Sometimes I travel for work, occasionally gone for a few weeks.* Last year while away, my wife surprised me with suggestive pictures and dialog sent via email. "SEXTS" I suppose, but not texted to a phone, only sent to email account.

This was welcomed because it filled a gap of missed physical intamacy while apart. Just naughty, hands down her pants, panty shot, or maybe an exposed nipple, etc.* We also got a little raunchy with dialog. Common stuff, I suppose.

Well, she got brave one night and sent a series of X-rated pictures which depicted her satisfying herself with several toys she has. She didn't hold back, and through some text a several over-the-top photos, she totally immersed herself in 30+ minutes of erotic self pleasure, and teasingly shared it with me.

She was rather excited and proud of herself, and sent me a message on my phone saying there was a 'surprise waiting for me' when I returned to my hotel room and checked my mail. Boy...was she was right!

I had no experience or preparation for that, and the combined experience of erotic imagery and knowing it was my wife purposely engaging me (and being so flagrantly sexual...) made me literally "high" with excitement and sexually charged energy that I, of course, immediately joined her in achieving a mammoth orgasm, I'll spare you those details, lol.

So now, and here's my topic for advice and collaboration: I'm suddenly rather "obsessed" with receiving naked pictures from my wife, especially while away from home.*The thought of her mastrabating I find so inexplicably arousing, it's almost debilitating. When traveling, I think about it "a lot."** I politey ask/flirt/solicit for repeat performances, but they have to come at her will, not upon request. It's like a present, you can't ask for it, you just have to wait and get it then say, "thank you."
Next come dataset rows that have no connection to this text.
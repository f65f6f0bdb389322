-- ===== src/VoiceLease/Exclusive.antt =====
-- The owners of the voice backend of integrations/oopz/voice_lease.py, over any order of the tasks'
-- sections.
use cywl_oopz.Prelude.{
  ap, ◌+◌, ℕ, ◌≡◌, ◌≤◌, arith, Bool, true, false, ◌&&◌, ◌||◌, List, [], ◌∷◌, Option, none, some,
  nat_beq, nat_beq_iff, is_some, any, Bool-cases, Option-cases, inl, inr,
}
use cywl_oopz.VoiceLease.Manager.{
  VoiceLeaseRequest, VoiceLeaseSnapshot, OopzVoiceLease, begin_acquire, fail_join, is_pending,
}
use cywl_oopz.VoiceLease.Tasks.{World, acquires, join_raises, handle, request_of, without}

abbrev pub pending_join : Option VoiceLeaseSnapshot → List (ℕ × VoiceLeaseRequest)
pending_join none = []
pending_join (some p) = (p.generation, p.request) ∷ []

abbrev pub has : ℕ → List ℕ → Bool
has g = any (nat_beq g)

abbrev pub IsNew : ℕ → List ℕ → Option VoiceLeaseSnapshot → Type 0
IsNew latest handed none = Unit
IsNew latest handed (some p) = (p.generation ≤ latest) × (has p.generation handed ≡ false)

abbrev pub IsHeld : List ℕ → List ℕ → Option OopzVoiceLease → Type 0
IsHeld handed released none = Unit
IsHeld handed released (some lease) =
    (has lease.generation handed ≡ true) × (has lease.generation released ≡ false)

-- The joins that are under way are the pending one, no lease is active beside it, and the active
-- lease is one that a task was given and that is not marked as released.
pub record Exclusive (active : Option OopzVoiceLease) (pending : Option VoiceLeaseSnapshot)
    (latest : ℕ) (released handed : List ℕ) (joining : List (ℕ × VoiceLeaseRequest)) : Type 0 where
  pub under_way : joining ≡ pending_join pending
  pub one : (is_some active && is_some pending) ≡ false
  pub before : (g : ℕ) → has g handed ≡ true → g ≤ latest
  pub fresh : IsNew latest handed pending
  pub held : IsHeld handed released active
  pub given : (g : ℕ) → has g released ≡ true → has g handed ≡ true

abbrev pub IsExclusive : World → Type 0
IsExclusive w =
    Exclusive w.manager.active w.manager.pending w.manager.generation w.released w.handed w.joining

later-unseen :
    (latest : ℕ) (handed : List ℕ)
    → ((g : ℕ) → has g handed ≡ true → g ≤ latest)
    → has (latest + 1) handed ≡ false
later-unseen latest handed before = elim (Bool-cases (has (latest + 1) handed)) [
  | inl seen ↦ ground (arith, before (latest + 1) seen)
  | inr unseen ↦ unseen
]

pub acquires-IsExclusive :
    (request : VoiceLeaseRequest) (w : World)
    → IsExclusive w
    → IsExclusive (handle (acquires request) w)
unfolding handle begin_acquire
acquires-IsExclusive request w i = elim (Bool-cases w.manager.closed) [
  | inl over ↦ rw over i
  | inr still ↦ elim (Bool-cases (is_some w.manager.active || is_some w.manager.pending)) [
    | inl busy ↦ rw (still, busy) i
    | inr free ↦
        rw (still, free)
          (record {
            under_way = ground (arith, i.under_way, free);
            one = ground (arith, free);
            before = λ g seen. ground (arith, i.before g seen);
            fresh = (omega arith, later-unseen w.manager.generation w.handed i.before);
            held = i.held;
            given = i.given;
          })
  ]
]

-- A join that is under way is the pending one, and the last.
pub only_join :
    (g : ℕ) (request : VoiceLeaseRequest) (pending : Option VoiceLeaseSnapshot)
    → request_of g (pending_join pending) ≡ some request
    → (is_pending g pending ≡ true) × (without g (pending_join pending) ≡ [])
unfolding request_of
only_join g request none e = ground (arith, e)
only_join g request (some p) e = ground (arith, e, nat_beq_iff p.generation g)

pub fresh-pending :
    (g latest : ℕ) (handed : List ℕ) (pending : Option VoiceLeaseSnapshot)
    → is_pending g pending ≡ true
    → IsNew latest handed pending
    → (g ≤ latest) × (has g handed ≡ false)
fresh-pending g latest handed none e h = ground (arith, e)
fresh-pending g latest handed (some p) e h = rw (← (nat_beq_iff p.generation g).0 e) h

pub join_raises-IsExclusive :
    (g : ℕ) (w : World) → IsExclusive w → IsExclusive (handle (join_raises g) w)
unfolding handle fail_join
join_raises-IsExclusive g w i = elim (Option-cases (request_of g w.joining)) [
  | inl absent ↦ rw absent i
  | inr (request, found) ↦
      let (pending, last) =
        only_join g request w.manager.pending
          (ground (arith, found, ap (request_of g) i.under_way)) in
      rw (found, pending)
        (record {
          under_way = ground (arith, ap (without g) i.under_way, last);
          one = ground arith;
          before = i.before;
          fresh = tt;
          held = i.held;
          given = i.given;
        })
]
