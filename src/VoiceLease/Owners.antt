-- ===== src/VoiceLease/Owners.antt =====
-- integrations/oopz/voice_lease.py: the sections that give a lease, take it back or close the
-- manager, and runs of any events.
use cywl_oopz.Prelude.{
  ℕ, ◌≡◌, refl, arith, Bool, true, false, ◌&&◌, List, [], ◌∷◌, Option, none, some, nat_beq,
  nat_beq_iff, is_some, Bool-cases, Option-cases, inl, inr, if_ind, ltb, not, ap,
}
use cywl_oopz.VoiceLease.Manager.{
  marked, VoiceLeaseRequest, VoiceLeaseSnapshot, OopzVoiceLease, end_join, begin_close, end_close,
  manager_release, release, is_lease,
}
use cywl_oopz.VoiceLease.Tasks.{
  World, new_world, Event, acquires, join_raises, join_returns, orphan_leaves, orphan_is_forgotten,
  releases, closes, close_wakes, close_ends, handle, run, request_of, without,
}
use cywl_oopz.VoiceLease.Exclusive.{
  Exclusive, IsExclusive, IsHeld, has, only_join, fresh-pending, acquires-IsExclusive,
  join_raises-IsExclusive,
}

-- A generation that is new to the tasks is marked nowhere.
unmarked :
    (g : ℕ) (released handed : List ℕ)
    → ((q : ℕ) → has q released ≡ true → has q handed ≡ true)
    → has g handed ≡ false
    → has g released ≡ false
unmarked g released handed given unseen = elim (Bool-cases (has g released)) [
  | inl seen ↦ ground (arith, given g seen, unseen)
  | inr clear ↦ clear
]

join_returns-IsExclusive :
    (g : ℕ) (w : World) → IsExclusive w → IsExclusive (handle (join_returns g) w)
unfolding handle end_join
join_returns-IsExclusive g w i = elim (Option-cases (request_of g w.joining)) [
  | inl absent ↦ rw absent i
  | inr (request, found) ↦
      let (pending, last) =
        only_join g request w.manager.pending
          (ground (arith, found, ap (request_of g) i.under_way)) in
      let (early, unseen) =
        fresh-pending g w.manager.generation w.handed w.manager.pending pending i.fresh in
      elim (Bool-cases w.manager.closed) [
        | inl over ↦
            rw (found, over)
              (record {
                under_way = ground (arith, ap (without g) i.under_way, last);
                one = ground arith;
                before = i.before;
                fresh = tt;
                held = i.held;
                given = i.given;
              })
        | inr still ↦
            rw (found, still, pending)
              (record {
                under_way = ground (arith, ap (without g) i.under_way, last);
                one = refl;
                before = λ q seen. ground (arith, seen, nat_beq_iff q g, i.before q, early);
                fresh = tt;
                held = (
                  ground (arith, nat_beq_iff g g),
                  unmarked g w.released w.handed i.given unseen,
                );
                given = λ q seen. ground (arith, i.given q seen);
              })
      ]
]

-- Marking a lease that is not the active one keeps the active one unmarked.
IsHeld-marked :
    (g : ℕ) (handed released : List ℕ) (active : Option OopzVoiceLease)
    → is_lease g active ≡ false
    → IsHeld handed released active
    → IsHeld handed (g ∷ released) active
IsHeld-marked g handed released none other h = tt
IsHeld-marked g handed released (some lease) other h = (h.0, ground (arith, h.1, other))

given-marked :
    (g : ℕ) (released handed : List ℕ)
    → has g handed ≡ true
    → ((q : ℕ) → has q released ≡ true → has q handed ≡ true)
    → (q : ℕ) → has q (g ∷ released) ≡ true
    → has q handed ≡ true
given-marked g released handed own given q seen = elim (Bool-cases (nat_beq q g)) [
  | inl same ↦ rw ((nat_beq_iff q g).0 same) own
  | inr other ↦ ground (arith, seen, other, given q)
]

releases-IsExclusive :
    (returns : Bool) (g : ℕ) (w : World)
    → IsExclusive w
    → IsExclusive (handle (releases returns g) w)
unfolding handle release manager_release
releases-IsExclusive returns g w i = elim (Bool-cases (has g w.handed)) [
  | inr unknown ↦ rw unknown i
  | inl own ↦ elim (Bool-cases (has g w.released)) [
    | inl done ↦ rw (own, done) i
    | inr open_yet ↦ elim (Bool-cases (is_lease g w.manager.active)) [
      | inr other ↦
          rw (own, open_yet, other)
            (record {
              under_way = i.under_way;
              one = i.one;
              before = i.before;
              fresh = i.fresh;
              held = IsHeld-marked g w.handed w.released w.manager.active other i.held;
              given = given-marked g w.released w.handed own i.given;
            })
      | inl mine ↦ elim (Bool-cases returns) [
        | inl left ↦
            rw (own, open_yet, mine, left)
              (record {
                under_way = i.under_way;
                one = refl;
                before = i.before;
                fresh = i.fresh;
                held = tt;
                given = given-marked g w.released w.handed own i.given;
              })
        | inr failed ↦ rw (own, open_yet, mine, failed) i
      ]
    ]
  ]
]

closes-IsExclusive : (w : World) → IsExclusive w → IsExclusive (handle closes w)
unfolding handle begin_close
closes-IsExclusive w i =
    elim (Bool-cases (
      w.manager.closed
      && not (is_some w.manager.pending)
      && not (is_some w.manager.active)
      && not w.manager.joined_without_lease)) [
        | inl over ↦ rw over i
        | inr still ↦ elim (Bool-cases (is_some w.manager.pending)) [
          | inl joins ↦ rw (still, joins) i
          | inr idle ↦ rw (still, idle) i
        ]
      ]

close_ends-marked :
    (active : Option OopzVoiceLease) (pending : Option VoiceLeaseSnapshot) (latest : ℕ)
    (released handed : List ℕ) (joining : List (ℕ × VoiceLeaseRequest))
    → Exclusive active pending latest released handed joining
    → Exclusive none pending latest (marked active released) handed joining
close_ends-marked none pending latest released handed joining i = i
close_ends-marked (some lease) pending latest released handed joining i = record {
  under_way = i.under_way;
  one = refl;
  before = i.before;
  fresh = i.fresh;
  held = tt;
  given = given-marked lease.generation released handed i.held.0 i.given;
}

close_ends-IsExclusive :
    (returns : Bool) (w : World) → IsExclusive w → IsExclusive (handle (close_ends returns) w)
unfolding handle end_close
close_ends-IsExclusive returns w i = elim (Bool-cases (ltb 0 w.closing)) [
  | inr absent ↦ rw absent i
  | inl present ↦
      elim (Bool-cases (not (is_some w.manager.active) && not w.manager.joined_without_lease)) [
        | inl idle ↦ rw (present, idle) i
        | inr busy ↦ elim (Bool-cases returns) [
          | inr failed ↦ rw (present, busy, failed) i
          | inl left ↦
              rw (present, busy, left)
                (close_ends-marked w.manager.active w.manager.pending w.manager.generation
                  w.released w.handed w.joining i)
        ]
      ]
]

pub handle-IsExclusive : (e : Event) (w : World) → IsExclusive w → IsExclusive (handle e w)
unfolding handle
handle-IsExclusive (acquires request) w i = acquires-IsExclusive request w i
handle-IsExclusive (join_raises g) w i = join_raises-IsExclusive g w i
handle-IsExclusive (join_returns g) w i = join_returns-IsExclusive g w i
handle-IsExclusive (orphan_leaves returns) w i =
    if_ind IsExclusive (ltb 0 w.leaving) (λ _. i) (λ _. i)
handle-IsExclusive orphan_is_forgotten w i = if_ind IsExclusive (ltb 0 w.left) (λ _. i) (λ _. i)
handle-IsExclusive (releases returns g) w i = releases-IsExclusive returns g w i
handle-IsExclusive closes w i = closes-IsExclusive w i
handle-IsExclusive close_wakes w i =
    if_ind IsExclusive (ltb 0 w.waiting && w.manager.pending_done) (λ _. i) (λ _. i)
handle-IsExclusive (close_ends returns) w i = close_ends-IsExclusive returns w i

pub Exclusive-run : (w : World) (events : List Event) → IsExclusive w → IsExclusive (run w events)
unfolding run
Exclusive-run w [] i = i
Exclusive-run w (e ∷ events) i = Exclusive-run (handle e w) events (handle-IsExclusive e w i)

-- Over any sections of any tasks, in any order and whatever the backend answers, the joins under
-- way are the pending one, no lease is active beside it, the active lease is one that a task was
-- given and that is not marked as released, and the pending generation is new to every task.
pub run-IsExclusive : (events : List Event) → IsExclusive (run new_world events)
run-IsExclusive events = Exclusive-run new_world events (record {
  under_way = refl;
  one = refl;
  before = λ g seen. ground (arith, seen);
  fresh = tt;
  held = tt;
  given = λ g seen. seen;
})
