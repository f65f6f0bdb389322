-- ===== src/VoiceLease/Silence.antt =====
-- The manager of integrations/oopz/voice_lease.py after aclose.
use cywl_oopz.Prelude.{
  ℕ, ◌≡◌, ◌<◌, refl, arith, Bool, true, false, ◌&&◌, ◌||◌, List, [], ◌∷◌, if_ind, nat_beq, ◌-◌,
  is_some, any, Bool-cases, Option-cases, inl, inr, ltb, not, ap,
}
use cywl_oopz.VoiceLease.Manager.{
  is_lease, VoiceLeaseRequest, begin_acquire, fail_join, end_join, begin_close, end_close,
  manager_release, release, is_pending,
}
use cywl_oopz.VoiceLease.Tasks.{
  World, Event, acquires, join_raises, join_returns, orphan_leaves, orphan_is_forgotten, releases,
  closes, close_wakes, close_ends, handle, run, request_of,
}
use cywl_oopz.VoiceLease.Exclusive.{IsExclusive, only_join}
use cywl_oopz.VoiceLease.Owners.{handle-IsExclusive}

-- A task that leaves an orphaned join, or is in aclose, has seen the manager closed, and the last
-- section of aclose finds no join pending.
pub record Closing (closed pending done : Bool) (waiting closing leaving : ℕ) : Type 0 where
  pub last : 0 < closing → (closed ≡ true) × (pending ≡ false)
  pub wait : 0 < waiting → closed ≡ true
  pub leave : 0 < leaving → (closed ≡ true) × (pending ≡ false)
  pub undone : pending ≡ true → done ≡ false

abbrev pub IsClosing : World → Type 0
IsClosing w =
    Closing w.manager.closed (is_some w.manager.pending) w.manager.pending_done w.waiting w.closing
      w.leaving

acquires-IsClosing :
    (request : VoiceLeaseRequest) (w : World)
    → IsClosing w
    → IsClosing (handle (acquires request) w)
unfolding handle begin_acquire
acquires-IsClosing request w i = elim (Bool-cases w.manager.closed) [
  | inl over ↦ rw over (record {
    last = λ h. (refl, (i.last h).1);
    wait = λ h. refl;
    leave = λ h. (refl, (i.leave h).1);
    undone = i.undone;
  })
  | inr still ↦ elim (Bool-cases (is_some w.manager.active || is_some w.manager.pending)) [
    | inl busy ↦
        rw (still, busy)
          (record {
            last = λ h. ground (arith, i.last h, still);
            wait = λ h. ground (arith, i.wait h, still);
            leave = λ h. ground (arith, i.leave h, still);
            undone = i.undone;
          })
    | inr free ↦
        rw (still, free)
          (record {
            last = λ h. ground (arith, i.last h, still);
            wait = λ h. ground (arith, i.wait h, still);
            leave = λ h. ground (arith, i.leave h, still);
            undone = λ h. refl;
          })
  ]
]

join_raises-IsClosing : (g : ℕ) (w : World) → IsClosing w → IsClosing (handle (join_raises g) w)
unfolding handle fail_join
join_raises-IsClosing g w i = elim (Option-cases (request_of g w.joining)) [
  | inl absent ↦ rw absent i
  | inr (request, found) ↦ elim (Bool-cases (is_pending g w.manager.pending)) [
    | inr other ↦ rw (found, other) i
    | inl own ↦
        rw (found, own)
          (record {
            last = λ h. ((i.last h).0, refl);
            wait = i.wait;
            leave = λ h. ((i.leave h).0, refl);
            undone = λ h. ground (arith, h);
          })
  ]
]

join_returns-IsClosing :
    (g : ℕ) (w : World) → IsExclusive w → IsClosing w → IsClosing (handle (join_returns g) w)
unfolding handle end_join
join_returns-IsClosing g w x i = elim (Option-cases (request_of g w.joining)) [
  | inl absent ↦ rw absent i
  | inr (request, found) ↦
      let (pending, last) =
        only_join g request w.manager.pending
          (ground (arith, found, ap (request_of g) x.under_way)) in
      elim (Bool-cases w.manager.closed) [
        | inl over ↦
            rw (found, over)
              (record {
                last = λ h. (refl, refl);
                wait = λ h. refl;
                leave = λ h. (refl, refl);
                undone = λ h. ground (arith, h);
              })
        | inr still ↦
            rw (found, still, pending)
              (record {
                last = λ h. ground (arith, i.last h, still);
                wait = λ h. ground (arith, i.wait h, still);
                leave = λ h. ground (arith, i.leave h, still);
                undone = λ h. ground (arith, h);
              })
      ]
]

orphan_leaves-IsClosing :
    (returns : Bool) (w : World) → IsClosing w → IsClosing (handle (orphan_leaves returns) w)
unfolding handle
orphan_leaves-IsClosing returns w i = elim (Bool-cases (ltb 0 w.leaving)) [
  | inr absent ↦ rw absent i
  | inl present ↦
      let idle = i.leave (ground (arith, present)) in
      rw present (record {
        last = i.last;
        wait = i.wait;
        leave = λ h. idle;
        undone = λ h. ground (arith, h, idle);
      })
]

closes-IsClosing : (w : World) → IsClosing w → IsClosing (handle closes w)
unfolding handle begin_close
closes-IsClosing w i =
    elim (Bool-cases (
      w.manager.closed
      && not (is_some w.manager.pending)
      && not (is_some w.manager.active)
      && not w.manager.joined_without_lease)) [
        | inl over ↦ rw over i
        | inr still ↦ elim (Bool-cases (is_some w.manager.pending)) [
          | inl joins ↦
              rw (still, joins)
                (record {
                  last = λ h. (refl, ground (arith, i.last h));
                  wait = λ h. refl;
                  leave = λ h. (refl, ground (arith, i.leave h));
                  undone = λ h. i.undone joins;
                })
          | inr idle ↦
              rw (still, idle)
                (record {
                  last = λ h. (refl, idle);
                  wait = λ h. refl;
                  leave = λ h. (refl, idle);
                  undone = λ h. ground (arith, h, idle);
                })
        ]
      ]

close_wakes-IsClosing : (w : World) → IsClosing w → IsClosing (handle close_wakes w)
unfolding handle
close_wakes-IsClosing w i = elim (Bool-cases (ltb 0 w.waiting && w.manager.pending_done)) [
  | inr absent ↦ rw absent i
  | inl present ↦
      let over = i.wait (ground (arith, present)) in
      rw present (record {
        last = λ h. (over, ground (arith, present, i.undone));
        wait = λ h. over;
        leave = i.leave;
        undone = i.undone;
      })
]

orphan_is_forgotten-IsClosing : (w : World) → IsClosing w → IsClosing (handle orphan_is_forgotten w)
unfolding handle
orphan_is_forgotten-IsClosing w i = if_ind IsClosing (ltb 0 w.left) (λ _. i) (λ _. i)

releases-IsClosing :
    (returns : Bool) (g : ℕ) (w : World) → IsClosing w → IsClosing (handle (releases returns g) w)
unfolding handle release manager_release
releases-IsClosing returns g w i = elim (Bool-cases (any (nat_beq g) w.handed)) [
  | inr unknown ↦ rw unknown i
  | inl own ↦ elim (Bool-cases (any (nat_beq g) w.released)) [
    | inl done ↦ rw (own, done) i
    | inr not_yet ↦ elim (Bool-cases (is_lease g w.manager.active)) [
      | inr other ↦ rw (own, not_yet, other) i
      | inl mine ↦ elim (Bool-cases returns) [
        | inl left ↦ rw (own, not_yet, mine, left) i
        | inr failed ↦ rw (own, not_yet, mine, failed) i
      ]
    ]
  ]
]

close_ends-IsClosing :
    (returns : Bool) (w : World) → IsClosing w → IsClosing (handle (close_ends returns) w)
unfolding handle end_close
close_ends-IsClosing returns w i = elim (Bool-cases (ltb 0 w.closing)) [
  | inr absent ↦ rw absent i
  | inl present ↦
      let idle = i.last (ground (arith, present)) in
      let fewer : Closing w.manager.closed (is_some w.manager.pending) w.manager.pending_done
          w.waiting (w.closing - 1) w.leaving =
        record { last = λ h. idle; wait = i.wait; leave = i.leave; undone = i.undone } in
      elim (Bool-cases (not (is_some w.manager.active) && not w.manager.joined_without_lease)) [
        | inl none_left ↦ rw (present, none_left) fewer
        | inr busy ↦ elim (Bool-cases returns) [
          | inr failed ↦ rw (present, busy, failed) fewer
          | inl left ↦ rw (present, busy, left) fewer
        ]
      ]
]

handle-IsClosing : (e : Event) (w : World) → IsExclusive w → IsClosing w → IsClosing (handle e w)
handle-IsClosing (acquires request) w x i = acquires-IsClosing request w i
handle-IsClosing (join_raises g) w x i = join_raises-IsClosing g w i
handle-IsClosing (join_returns g) w x i = join_returns-IsClosing g w x i
handle-IsClosing (orphan_leaves returns) w x i = orphan_leaves-IsClosing returns w i
handle-IsClosing orphan_is_forgotten w x i = orphan_is_forgotten-IsClosing w i
handle-IsClosing (releases returns g) w x i = releases-IsClosing returns g w i
handle-IsClosing closes w x i = closes-IsClosing w i
handle-IsClosing close_wakes w x i = close_wakes-IsClosing w i
handle-IsClosing (close_ends returns) w x i = close_ends-IsClosing returns w i

pub Closing-run :
    (w : World) (events : List Event) → IsExclusive w → IsClosing w → IsClosing (run w events)
unfolding run
Closing-run w [] x i = i
Closing-run w (e ∷ events) x i =
    Closing-run (handle e w) events (handle-IsExclusive e w x) (handle-IsClosing e w x i)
Now, I do view common porn, not compulsively, but I'm more than an occasional viewer. Images, GIFs and videos, though enjoyabe and interesting, don't arouse me anywhere near naughty texts and images from my wife do.* Sometimes, it's all I can think about, and the excitement of seeing an email from her with the "paper clip" attachment symbol in the message header makes my heart skip a beat. I've got it bad.

I wonder if the event released a big flood of dopamine to my brain, and I'm trying, like an addict, to get that fix back?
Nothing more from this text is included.